State audit reports nearly $278,000 went wrongfully to public retirees who already had died
Nearly $278,000 from the Nebraska Public Employees Retirement Systems was wrongfully sent to 11 people — before authorities figured out those people were no longer alive.
One woman had been dead for seven years. That’s 83 months of benefit payments worth $105,250, according to an audit released this week by the State Auditor of Public Accounts.
No money has been recouped in the case of the NPERS member who died in 2014. Her payments were halted in 2021, and the case has been forwarded to the Nebraska Attorney General’s Office.
A law enforcement investigation is underway for potential fraud, said Craig Kubicek, deputy state auditor.
“For it to go on that long is probably unusual — we’re talking seven years,” he said.
No names or responses from families of the deceased were included in the audit report. While some plans may allow benefits to go to a beneficiary after a death, Kubicek said these plans were not those types.
He said new procedures, based upon auditor recommendations, have been put in place to avoid future mistakes in the system, which covers public employees of schools, judges and the Nebraska State Patrol.

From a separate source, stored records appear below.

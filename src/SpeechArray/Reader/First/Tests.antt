-- ===== src/SpeechArray/Reader/First/Tests.antt =====
-- `SpeechArrayRead1` of speech/src/speecharray.c on a small device.
use program_learning.Prelude.{
  ℕ, zero, suc, ◌*◌, ◌-◌, ◌≡◌, refl, some, none, Option, List, [], ◌∷◌, ◌++◌, arith, length, take,
  drop, replicate,
}
use program_learning.Prelude.Int.{ℤ, pos, negsuc}
use program_learning.SpeechArray.{skip_data, parse_data_int32}
use program_learning.SpeechArray.Format.{samples, has_channels, is_silent}
use program_learning.SpeechArray.Reader.{Handle, Delivery}
use program_learning.SpeechArray.Reader.Ready.{Ready}
use program_learning.SpeechArray.Reader.Plain.{at_once, again}
use program_learning.SpeechArray.Reader.First.{speech_array_read1}
use program_learning.SpeechArray.Reader.First.Whole.{speech_array_read1-delivers}

abbrev sounds : List ℕ
sounds =
    0x00010100 ∷ 0x00020200 ∷ 0x00030300 ∷ 0x00040400 ∷ 0x00050500 ∷ 0x00060600 ∷ 0x00070700
    ∷ 0x00080800 ∷ 0x00090900 ∷ 0x000a0a00 ∷ 0x000b0b00 ∷ 0x000c0c00 ∷ []

abbrev silence : List ℕ
silence =
    0x00000100 ∷ 0x00000200 ∷ 0x00000300 ∷ 0x00000400 ∷ 0x00000500 ∷ 0x00000600 ∷ 0x00000700
    ∷ 0x00000800 ∷ 0x00000900 ∷ 0x00000a00 ∷ 0x00000b00 ∷ 0x00000c00 ∷ []

abbrev handle : Handle
handle = record {
  out_align = 12;
  buff_size = 240;
  buffer = replicate 60 0;
  data_size = 0;
  hw_align = 48;
  ratio = 4;
}

handle-Ready : Ready handle 0 12 60
handle-Ready = record {
  whole = refl;
  buffer_size = refl;
  left = refl;
  room = omega arith;
  ratio_4 = refl;
  aligned = omega arith;
}

-- A device that fails as often as its state says, and then has one sample with sound.
abbrev device : ℕ → ℕ → ℤ × List ℕ × ℕ
device zero n = (pos 0, sounds, 0)
device (suc k) n = (negsuc 4, [], k)

one_sample :
    let out = samples 0 12 (sounds ++ replicate 48 0) in
    (b : List ℕ) × (speech_array_read1 device 3 (some handle) 12 2
      ≡ some (
        some (record {
          ret = 4 * length out;
          buff = out;
          handle = record handle { buffer = b; data_size = 4 * (12 - 4 * length out) };
        }),
        0,
      ))
    × (take (12 - 4 * length out) b
        ≡ take (12 - 4 * length out) (drop (4 * length out) (sounds ++ replicate 48 0)))
    × (length b ≡ 60)
unfolding has_channels is_silent samples
one_sample =
    speech_array_read1-delivers device handle 0 12 60 handle-Ready sounds refl (refl, refl)
      (omega arith) 3 12 (omega arith) refl refl (again refl (again refl at_once)) (omega arith)
      refl (omega arith)

-- A device with a silent sample, and then two with sound.
abbrev late : ℕ → ℕ → ℤ × List ℕ × ℕ
late zero n = (pos 0, silence, 1)
late (suc k) n = (pos 0, sounds ++ sounds, 2)

abbrev ret_of : Option (Option Delivery × ℕ) → ℕ
ret_of none = 0
ret_of (some (none, dev)) = 0
ret_of (some (some d, dev)) = d.ret

-- Behind a silent sample twelve bytes are asked for, and the caller's buffer gets twenty-four.
more_than_asked : ret_of (speech_array_read1 late 2 (some handle) 12 0) ≡ 24
unfolding speech_array_read1 skip_data parse_data_int32
more_than_asked = refl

In the past, NPERS relied on two checks to determine whether a member had died: obituary sections in three newspapers; and a vendor who performed a “death audit” every other month that cross-referenced member names with public sources.
Kubicek said state auditors noted inefficiencies in that process in 2020, and NPERS switched to a different vendor. That new provider identified the cases of the woman who had died in 2014 as well as seven others. Her payments halted in February 2021, as did six others.
The state audit team found three additional cases and recommended that NPERS strengthen its procedures further by obtaining a list of death certificates from the Department of Health and Human Services for comparison against benefit payment records. NPERS agreed.
With regard to the woman who had died in 2014, the audit team found that NPERS had processed two changes to the member’s banking information – one a few months after she died, and the other in early 2019 — “without adequate documentation from the member.” In both instances, NPERS received notification of the changes from the Department of Administration Services but did not confirm the changes with the member prior to making the changes in the system.
Kubicek said loss of NPERS funds can pose financial risk beyond members. If the fund would ever come up short, he said, the state might be asked to kick in financial assistance.